*** Opening DATASET CONTENT ***
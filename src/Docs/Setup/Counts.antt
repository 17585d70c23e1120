-- ===== src/Docs/Setup/Counts.antt =====
-- How often the listeners stand on the page, by the flags that guard their bindings.
use oauth.Prelude.{
  ℕ, zero, suc, ◌+◌, ◌≡◌, refl, List, [], ◌∷◌, ◌++◌, Bool, true, false, ◌==◌, if◌then◌else◌, All,
  ◌⊎◌, inl, inr, map, arith,
}
use oauth.Docs.Setup.{
  WindowListener, message_navigate, message_escape, resize, popstate, PointerListener, pointer_down,
  pointer_up, pointer_moved, Link, bind_once, bind_link,
}
use oauth.Docs.Setup.Events.{new_links}

listener_code : WindowListener → ℕ
listener_code message_navigate = 0
listener_code message_escape = 1
listener_code resize = 2
listener_code popstate = 3

-- How often a listener has been added.
unfoldable pub count : WindowListener → List WindowListener → ℕ
unfolding listener_code
count w [] = 0
count w (v ∷ listeners) =
    let rest = count w listeners in if listener_code v == listener_code w then suc rest else rest

count-append :
    (w : WindowListener) (xs ys : List WindowListener)
    → count w (xs ++ ys) ≡ count w xs + count w ys
unfolding count
count-append w [] ys = omega arith
count-append w (x ∷ xs) ys = ground (arith, count-append w xs ys)

-- One for a binding that is done.
abbrev pub once : Bool → ℕ
once done = if done then 1 else 0

-- The listeners of the window, by their flags.
abbrev pub Windows : Bool → Bool → Bool → List WindowListener → Type 0
Windows navigation frame change listeners =
    (count message_navigate listeners ≡ once navigation)
    × (count message_escape listeners ≡ once frame)
    × (count resize listeners ≡ once frame)
    × (count popstate listeners ≡ once change)

Windows-append :
    (navigation frame change navigation' frame' change' : Bool) (ls new : List WindowListener)
    → Windows navigation frame change ls
    → (once navigation + count message_navigate new ≡ once navigation')
      × (once frame + count message_escape new ≡ once frame')
      × (once frame + count resize new ≡ once frame')
      × (once change + count popstate new ≡ once change')
    → Windows navigation' frame' change' (ls ++ new)
Windows-append navigation frame change navigation' frame' change' ls new h (a, b, c, d) = (
  omega (arith, count-append message_navigate ls new),
  omega (arith, count-append message_escape ls new),
  omega (arith, count-append resize ls new),
  omega (arith, count-append popstate ls new),
)

pub bind_navigate :
    (navigation frame change : Bool) (ls : List WindowListener)
    → Windows navigation frame change ls
    → Windows true frame change (bind_once navigation (message_navigate ∷ []) ls)
unfolding bind_once count listener_code
bind_navigate true frame change ls h = h
bind_navigate false frame change ls h =
    Windows-append false frame change true frame change ls (message_navigate ∷ []) h
      (omega arith, omega arith, omega arith, omega arith)

pub bind_frame :
    (navigation frame change : Bool) (ls : List WindowListener)
    → Windows navigation frame change ls
    → Windows navigation true change (bind_once frame (message_escape ∷ resize ∷ []) ls)
unfolding bind_once count listener_code
bind_frame navigation true change ls h = h
bind_frame navigation false change ls h =
    Windows-append navigation false change navigation true change ls (message_escape ∷ resize ∷ [])
      h (omega arith, omega arith, omega arith, omega arith)

pub bind_change :
    (navigation frame change : Bool) (ls : List WindowListener)
    → Windows navigation frame change ls
    → Windows navigation frame true (bind_once change (popstate ∷ []) ls)
unfolding bind_once count listener_code
bind_change navigation frame true ls h = h
bind_change navigation frame false ls h =
    Windows-append navigation frame false navigation frame true ls (popstate ∷ []) h
      (omega arith, omega arith, omega arith, omega arith)

-- The listeners of a link, by its flag: those it has when it is marked, of which a link that is not
-- marked yet gets one.
abbrev pub LinkFits : ℕ → Link → Type 0
LinkFits n l =
    ((l.bound ≡ true) × (l.click_listeners ≡ n))
    ⊎ ((l.bound ≡ false) × (l.click_listeners ≡ 0) × (n ≡ 1))

abbrev pub all_pointers : List PointerListener
all_pointers = pointer_down ∷ pointer_up ∷ pointer_moved ∷ []

abbrev pub Pointers : Bool → List PointerListener → Type 0
Pointers bound listeners = listeners ≡ (if bound then all_pointers else [])

pub bind_once-all :
    (bound : Bool) (ls : List PointerListener)
    → Pointers bound ls
    → bind_once bound all_pointers ls ≡ all_pointers
unfolding bind_once
bind_once-all true ls h = h
bind_once-all false ls h = rw h refl

abbrev pub Clicked : ℕ → Link → Type 0
Clicked n l = (l.bound ≡ true) × (l.click_listeners ≡ n)

bind_link-Clicked : (n : ℕ) (l : Link) → LinkFits n l → Clicked n (bind_link l)
unfolding bind_link
bind_link-Clicked n l (inl (b, k)) = rw b (refl, k)
bind_link-Clicked n l (inr (b, k, one)) = rw b (refl, omega arith)

pub bind_links :
    (n : ℕ) (links : List Link) → All (LinkFits n) links → All (Clicked n) (map bind_link links)
bind_links n [] h = tt
bind_links n (l ∷ links) (h, hs) = (bind_link-Clicked n l h, bind_links n links hs)

pub Clicked-fits : (n : ℕ) (links : List Link) → All (Clicked n) links → All (LinkFits n) links
Clicked-fits n [] h = tt
Clicked-fits n (l ∷ links) (h, hs) = (inl h, Clicked-fits n links hs)

-- The links of a new page are marked, and have no listener.
pub new_links-fit : (n : ℕ) → All (LinkFits 0) (new_links n)
unfolding new_links bind_link
new_links-fit zero = tt
new_links-fit (suc n) = (inl (refl, refl), new_links-fit n)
*** Closing DATASET CONTENT ***
Report the lines above that contain "Bool".

(EXERCISE ANSWER):
  ℕ, zero, suc, ◌+◌, ◌≡◌, refl, List, [], ◌∷◌, ◌++◌, Bool, true, false, ◌==◌, if◌then◌else◌, All,
abbrev pub once : Bool → ℕ
abbrev pub Windows : Bool → Bool → Bool → List WindowListener → Type 0
    (navigation frame change navigation' frame' change' : Bool) (ls new : List WindowListener)
    (navigation frame change : Bool) (ls : List WindowListener)
    (navigation frame change : Bool) (ls : List WindowListener)
    (navigation frame change : Bool) (ls : List WindowListener)
abbrev pub Pointers : Bool → List PointerListener → Type 0
    (bound : Bool) (ls : List PointerListener)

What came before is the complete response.